Kompetente Weinabteilung
Die Wein-Abteilung beweist Kompetenz mit einer großen Vielfalt aus den bekannten Weinländern. Ungewöhnlich ist die lange Tafel in der Wein-Abteilung. Da kann der Kunde sich zwischen Wein und Käsetheke niederlassen, probieren, essen, trinken, Zeitung lesen oder via kostenlosem Hotspot im Internet surfen. Daneben in der Verlängerung der Käsetheke ist eine kleine Bar zum Verkosten von Wein. Zwei bis fünf Flaschen stehen immer offen bereit.
Links: Marktleiter Tim Leimbach ist zuversichtlich. {_umbruch_}Rechts: Geschäftsführerin Christiane Speck von der Rewe-Tochter Biokonzept hat den Markt mitentwickelt.{_umbruch_}
Die Fleischtheke wird von Thönes Natur aus Wachtendonk beliefert. Regionalität steht hier im Zentrum. Durch Veredelung will die Theke noch mehr punkten. Marinieren und panieren zu küchenfertigem Bio-Fleisch bringen hier zusätzliche Wertschöpfung. Der Meisterbrief an der weiß gekachelten Wand signalisiert Fleischkompetenz.
Die Frische wird fortgesetzt mit dem biologischen SB-Wurst und -Fleisch-Sortiment von Thönes im Kühlregal. Mopro nimmt natürlich den breitesten Raum ein. Söbbeke aus dem Münsterland ist hier der Platzhirsch. Aber auch Andechser schafft es aus Bayern bis nach Köln. Weißenhorner ist mit seinem phantasievollen und hochwertig präsentierten Frischkäse ebenfalls dabei. Frischmilch von Berchtesgadener Land steht im 14 Meter langen Kühlregal.
Den vegetarischen Ersatzprodukten zu Milch und Fleisch aus Soja wird breiter Raum gewidmet. Provamel und Taifun heißen die prominenten Vertreter. Die trendigen Smoothies von Fruchtbär werden ebenfalls angeboten.
Loser Tee steht in Bedienung zum Verkauf und auf Wunsch werden die verschiedenen Sorten gemischt. Natürlich gibt es auch Bio-Tee im Beutel, zum Beispiel die Yogi-Tees.

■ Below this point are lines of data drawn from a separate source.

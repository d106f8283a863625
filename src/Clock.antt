-- ===== src/Clock.antt =====
-- ds1307/ds1307.c: the driver of the real time clock. The I2C bus, and the macros of the kernel's
-- headers between binary and BCD, are parameters. An `int` of a `struct rtc_time` is the 32-bit number
-- that stands for it. Only the first client that the bus finds is modelled, without its registration.
pub mod Chip
pub mod RoundTrip
mod Tests
use tuxbox_git_driver.Common.{
  ℕ, ◌+◌, ◌-◌, ◌*◌, ◌%◌, ◌^◌, List, [], ◌∷◌, Bool, true, false, not, ◌&&◌, ◌||◌, Option, none, some,
  ltb, leb, ◌==◌, if◌then◌else◌, get_or, bit_and,
}
use tuxbox_git_driver.Common.Int.{ℤ, pos, negsuc}
use tuxbox_git_driver.Kernel.{eacces, efault, einval}

abbrev pub ds1307_seconds : ℕ
ds1307_seconds = 0

abbrev pub ds1307_minutes : ℕ
ds1307_minutes = 1

abbrev pub ds1307_hours : ℕ
ds1307_hours = 2

abbrev pub ds1307_weekday : ℕ
ds1307_weekday = 3

abbrev pub ds1307_day_of_month : ℕ
ds1307_day_of_month = 4

abbrev pub ds1307_month : ℕ
ds1307_month = 5

abbrev pub ds1307_year : ℕ
ds1307_year = 6

abbrev pub days_in_mo : List ℕ
days_in_mo = 0 ∷ 31 ∷ 28 ∷ 31 ∷ 30 ∷ 31 ∷ 30 ∷ 31 ∷ 31 ∷ 30 ∷ 31 ∷ 30 ∷ 31 ∷ []

-- i2c_master_send and i2c_master_recv of a client on a bus with the states S.
pub record I2cClient (S : Type 0) : Type 0 where
  pub master_send : List ℕ → S → ℤ × S
  pub master_recv : ℕ → S → ℤ × List ℕ × S

-- BIN_TO_BCD and BCD_TO_BIN
pub record BcdMacros : Type 0 where
  pub bin_to_bcd : ℕ → ℕ
  pub bcd_to_bin : ℕ → ℕ

-- The fields of `struct rtc_time` that the driver uses.
pub record RtcTime : Type 0 where
  pub tm_sec : ℕ
  pub tm_min : ℕ
  pub tm_hour : ℕ
  pub tm_mday : ℕ
  pub tm_mon : ℕ
  pub tm_year : ℕ
  pub tm_wday : ℕ

-- RTC_RD_TIME with whether the user's memory can be written, and RTC_SET_TIME with whether the caller
-- is the superuser and what copy_from_user reads, if it can.
pub data RtcCommand : Type 0 where
  rtc_rd_time : Bool → RtcCommand
  rtc_set_time : Bool → Option RtcTime → RtcCommand
  rtc_other : RtcCommand

abbrev pub is_count : ℕ → ℤ → Bool
is_count n (pos k) = k == n
is_count n (negsuc k) = false

module _ {S : Type 0} where
  unfoldable pub ds1307_readreg : Option (I2cClient S) → ℕ → S → ℕ × S
  ds1307_readreg none reg s = (0, s)
  ds1307_readreg (some client) reg s =
      let sent = client.master_send (reg % 256 ∷ []) s in
      let received = client.master_recv 1 sent.1 in
      if is_count 1 sent.0
      then (if is_count 1 received.0 then (get_or received.1 0 0, received.2) else (0, received.2))
      else (0, sent.1)

  unfoldable pub ds1307_writereg : Option (I2cClient S) → ℕ → ℕ → S → ℕ × S
  ds1307_writereg none val reg s = (0, s)
  ds1307_writereg (some client) val reg s =
      let sent = client.master_send (reg % 256 ∷ val % 256 ∷ []) s in
      if is_count 2 sent.0 then (val, sent.1) else (0, sent.1)

  -- rtc_i2c_init_client, but for the last line, which keeps the client.
  unfoldable pub rtc_i2c_init_client : Option (I2cClient S) → S → S
  rtc_i2c_init_client client s =
      let read = ds1307_readreg client ds1307_seconds s in
      if not (bit_and read.0 0x80 == 0)
      then (ds1307_writereg client (read.0 - 0x80) ds1307_seconds read.1).1
      else read.1

-- The tests of RTC_SET_TIME, in the source's order; the arguments are the local variables.
unfoldable pub time_rejected : ℕ → ℕ → ℕ → ℕ → ℕ → ℕ → ℕ → Bool
time_rejected yrs mon day hrs min sec wday =
    let leap_yr = ((yrs % 4 == 0) && not (yrs % 100 == 0)) || (yrs % 400 == 0) in
    (ltb yrs 1970 || ltb 2069 yrs)
    || (ltb 12 mon || (day == 0))
    || ltb (get_or days_in_mo mon 0 + (if (mon == 2) && leap_yr then 1 else 0)) day
    || (leb 24 hrs || leb 60 min || leb 60 sec)
    || ltb 6 wday

module _ {S : Type 0} (macros : BcdMacros) where
  unfoldable pub ds1307_get_rtc_time : Option (I2cClient S) → S → RtcTime × S
  ds1307_get_rtc_time client s =
      let sec = ds1307_readreg client ds1307_seconds s in
      let min = ds1307_readreg client ds1307_minutes sec.1 in
      let hour = ds1307_readreg client ds1307_hours min.1 in
      let mday = ds1307_readreg client ds1307_day_of_month hour.1 in
      let mon = ds1307_readreg client ds1307_month mday.1 in
      let year = ds1307_readreg client ds1307_year mon.1 in
      let wday = ds1307_readreg client ds1307_weekday year.1 in
      let year_bin = macros.bcd_to_bin year.0 in
      (
        record {
          tm_sec = macros.bcd_to_bin (bit_and sec.0 0x7f);
          tm_min = macros.bcd_to_bin (bit_and min.0 0x7f);
          tm_hour = macros.bcd_to_bin (bit_and hour.0 0x3f);
          tm_mday = macros.bcd_to_bin (bit_and mday.0 0x3f);
          tm_mon = (macros.bcd_to_bin (bit_and mon.0 0x1f) + (2 ^ 32 - 1)) % 2 ^ 32;
          tm_year = if leb year_bin 69 then year_bin + 100 else year_bin;
          tm_wday = macros.bcd_to_bin (bit_and wday.0 0x07);
        },
        wday.1,
      )

  -- The seven writes of RTC_SET_TIME.
  unfoldable pub write_time : Option (I2cClient S) → ℕ → ℕ → ℕ → ℕ → ℕ → ℕ → ℕ → S → S
  write_time client yrs mon day hrs min sec wday s =
      let s = (ds1307_writereg client (macros.bin_to_bcd yrs) ds1307_year s).1 in
      let s = (ds1307_writereg client (macros.bin_to_bcd mon) ds1307_month s).1 in
      let s = (ds1307_writereg client (macros.bin_to_bcd day) ds1307_day_of_month s).1 in
      let s = (ds1307_writereg client (macros.bin_to_bcd hrs) ds1307_hours s).1 in
      let s = (ds1307_writereg client (macros.bin_to_bcd min) ds1307_minutes s).1 in
      let s = (ds1307_writereg client (macros.bin_to_bcd sec) ds1307_seconds s).1 in
      (ds1307_writereg client (macros.bin_to_bcd wday) ds1307_weekday s).1

  -- RTC_SET_TIME behind the copy: the local variables are `unsigned int` and `unsigned char`.
  unfoldable pub set_time : Option (I2cClient S) → RtcTime → S → ℤ × S
  set_time client t s =
      let yrs = (t.tm_year + 1900) % 2 ^ 32 in
      let mon = (t.tm_mon + 1) % 256 in
      if time_rejected yrs mon (t.tm_mday % 256) (t.tm_hour % 256) (t.tm_min % 256) (t.tm_sec % 256)
        (t.tm_wday % 256)
      then (einval, s)
      else (
        pos 0,
        write_time client (if leb 2000 yrs then yrs - 2000 else yrs - 1900) mon (t.tm_mday % 256)
            (t.tm_hour % 256) (t.tm_min % 256) (t.tm_sec % 256) (t.tm_wday % 256) s,
      )

  -- rtc_ioctl: the result, what copy_to_user stored, and the bus.
  unfoldable pub rtc_ioctl : Option (I2cClient S) → RtcCommand → S → ℤ × Option RtcTime × S
  rtc_ioctl client (rtc_rd_time writable) s =
      let read = ds1307_get_rtc_time client s in
      if writable then (pos 0, some read.0, read.1) else (efault, none, read.1)
  rtc_ioctl client (rtc_set_time suser from_user) s =
      if suser
      then elim from_user [
        | none ↦ (efault, none, s)
        | some t ↦ let r = set_time client t s in (r.0, none, r.1)
      ]
      else (eacces, none, s)
  rtc_ioctl client rtc_other s = (einval, none, s)
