-- ===== src/Clock/Chip.antt =====
-- What the driver relies on of the chip and of the macros, and what its accesses to a register do then.
use tuxbox_git_driver.Common.{
  ℕ, ◌+◌, ◌*◌, ◌/◌, ◌%◌, ◌<◌, ◌≡◌, [], ◌∷◌, some, ◌==◌, if◌then◌else◌, arith,
}
use tuxbox_git_driver.Common.Int.{pos}
use tuxbox_git_driver.Clock.{I2cClient, BcdMacros, ds1307_readreg, ds1307_writereg}

-- A bus whose chip answers: its registers hold bytes, a byte that is sent sets the pointer, a second
-- byte goes to that register, and a byte received is that register's. The time does not go on meanwhile.
pub record IsChip {S : Type 0} (client : I2cClient S) : Type 0 where
  pub register : S → ℕ → ℕ
  pub pointer : S → ℕ
  pub sent_one : (r : ℕ) (s : S) → r < 8 → (client.master_send (r ∷ []) s).0 ≡ pos 1
  pub pointed : (r : ℕ) (s : S) → r < 8 → pointer (client.master_send (r ∷ []) s).1 ≡ r
  pub not_written :
      (r q : ℕ) (s : S) → r < 8 → register (client.master_send (r ∷ []) s).1 q ≡ register s q
  pub sent_two : (r v : ℕ) (s : S) → r < 8 → v < 256 → (client.master_send (r ∷ v ∷ []) s).0 ≡ pos 2
  pub written :
      (r v q : ℕ) (s : S)
      → r < 8
      → v < 256
      → register (client.master_send (r ∷ v ∷ []) s).1 q ≡ (if q == r then v else register s q)
  pub received : (s : S) → (client.master_recv 1 s).0 ≡ pos 1
  pub answered : (s : S) → (client.master_recv 1 s).1 ≡ register s (pointer s) ∷ []
  pub not_changed : (q : ℕ) (s : S) → register (client.master_recv 1 s).2 q ≡ register s q

pub record IsBcd (macros : BcdMacros) : Type 0 where
  pub to_bcd : (v : ℕ) → v < 100 → macros.bin_to_bcd v ≡ 16 * (v / 10) + v % 10
  pub to_bin : (b : ℕ) → macros.bcd_to_bin b ≡ 10 * (b / 16) + b % 16

module _ {S : Type 0} (client : I2cClient S) (chip : IsChip client) where
  pub ds1307_readreg_lem :
      (reg : ℕ) (s : S) → reg < 8 → (ds1307_readreg (some client) reg s).0 ≡ chip.register s reg
  unfolding ds1307_readreg
  ds1307_readreg_lem reg s h =
      let same : reg % 256 ≡ reg = omega arith in
      rw (
        same,
        chip.sent_one reg s h,
        chip.received (client.master_send (reg ∷ []) s).1,
        chip.answered (client.master_send (reg ∷ []) s).1,
        chip.pointed reg s h,
        chip.not_written reg reg s h,
      )

  pub register-ds1307_readreg :
      (reg q : ℕ) (s : S)
      → reg < 8
      → chip.register (ds1307_readreg (some client) reg s).1 q ≡ chip.register s q
  unfolding ds1307_readreg
  register-ds1307_readreg reg q s h =
      let same : reg % 256 ≡ reg = omega arith in
      rw (
        same,
        chip.sent_one reg s h,
        chip.received (client.master_send (reg ∷ []) s).1,
        chip.not_changed q (client.master_send (reg ∷ []) s).1,
        chip.not_written reg q s h,
      )

  pub register-ds1307_writereg :
      (val reg q : ℕ) (s : S)
      → reg < 8
      → val < 256
      → chip.register (ds1307_writereg (some client) val reg s).1 q
        ≡ (if q == reg then val else chip.register s q)
  unfolding ds1307_writereg
  register-ds1307_writereg val reg q s h v =
      let same : reg % 256 ≡ reg = omega arith in
      let byte : val % 256 ≡ val = omega arith in
      rw (same, byte, chip.sent_two reg val s h v, chip.written reg val q s h v)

Hier geht es um die Wurst. Thönes Natur aus NRW ist der Hauptlieferant.
Ein Hotspot von mymuesli aus Passau an der Donau hat im Temma in Köln am Rhein einen Standort gefunden. Müsli-Esser können sich im Internet ihr Wunsch-Müsli mischen und von den drei Jungs aus Bayern per Post zustellen lassen. Beim Hotspot im Temma kann die eigene Mischung frei von Versandkosten abgeholt werden.
Regionalität ist ein Thema der Temma. Die Eifelland Bio-Produkte sind mit Limo, Senf oder Wurst im Sortiment. Hellers Bio-Kölsch als urkölnisches Produkt verkauft sich hervorragend. Söbbeke, Thönes und Backboard produzieren ebenfalls in der Region.
Die Naturkosmetik-Abteilung ist im Vergleich zu Vierlinden etwas abgespeckt. Aber auch hier wird die Ware im Außenbereich durch Holzboden und intensive Beleuchtung wirkungsvoll in Szene gesetzt. Eine Verkäuferin ist permanent für die Beratung präsent.
Marktleiter Tim Leimbach sieht hier keinen vorgezeichneten Kundenlauf. „Es gibt keine durchgehenden Regale, sondern nur Inseln, um die unsere Kunden herumlaufen“, erklärt er die Wege. Die Sortimente sind thematisch aufgebaut. Bei den Teigwaren stehen Nudelsoßen und Pesto. Wegen des Parkplatzes erwartet Leimbach einen Durchschnittsbon von 20 Euro. Wenn dann noch die Frequenz stimmt, ist der Erfolg sicher.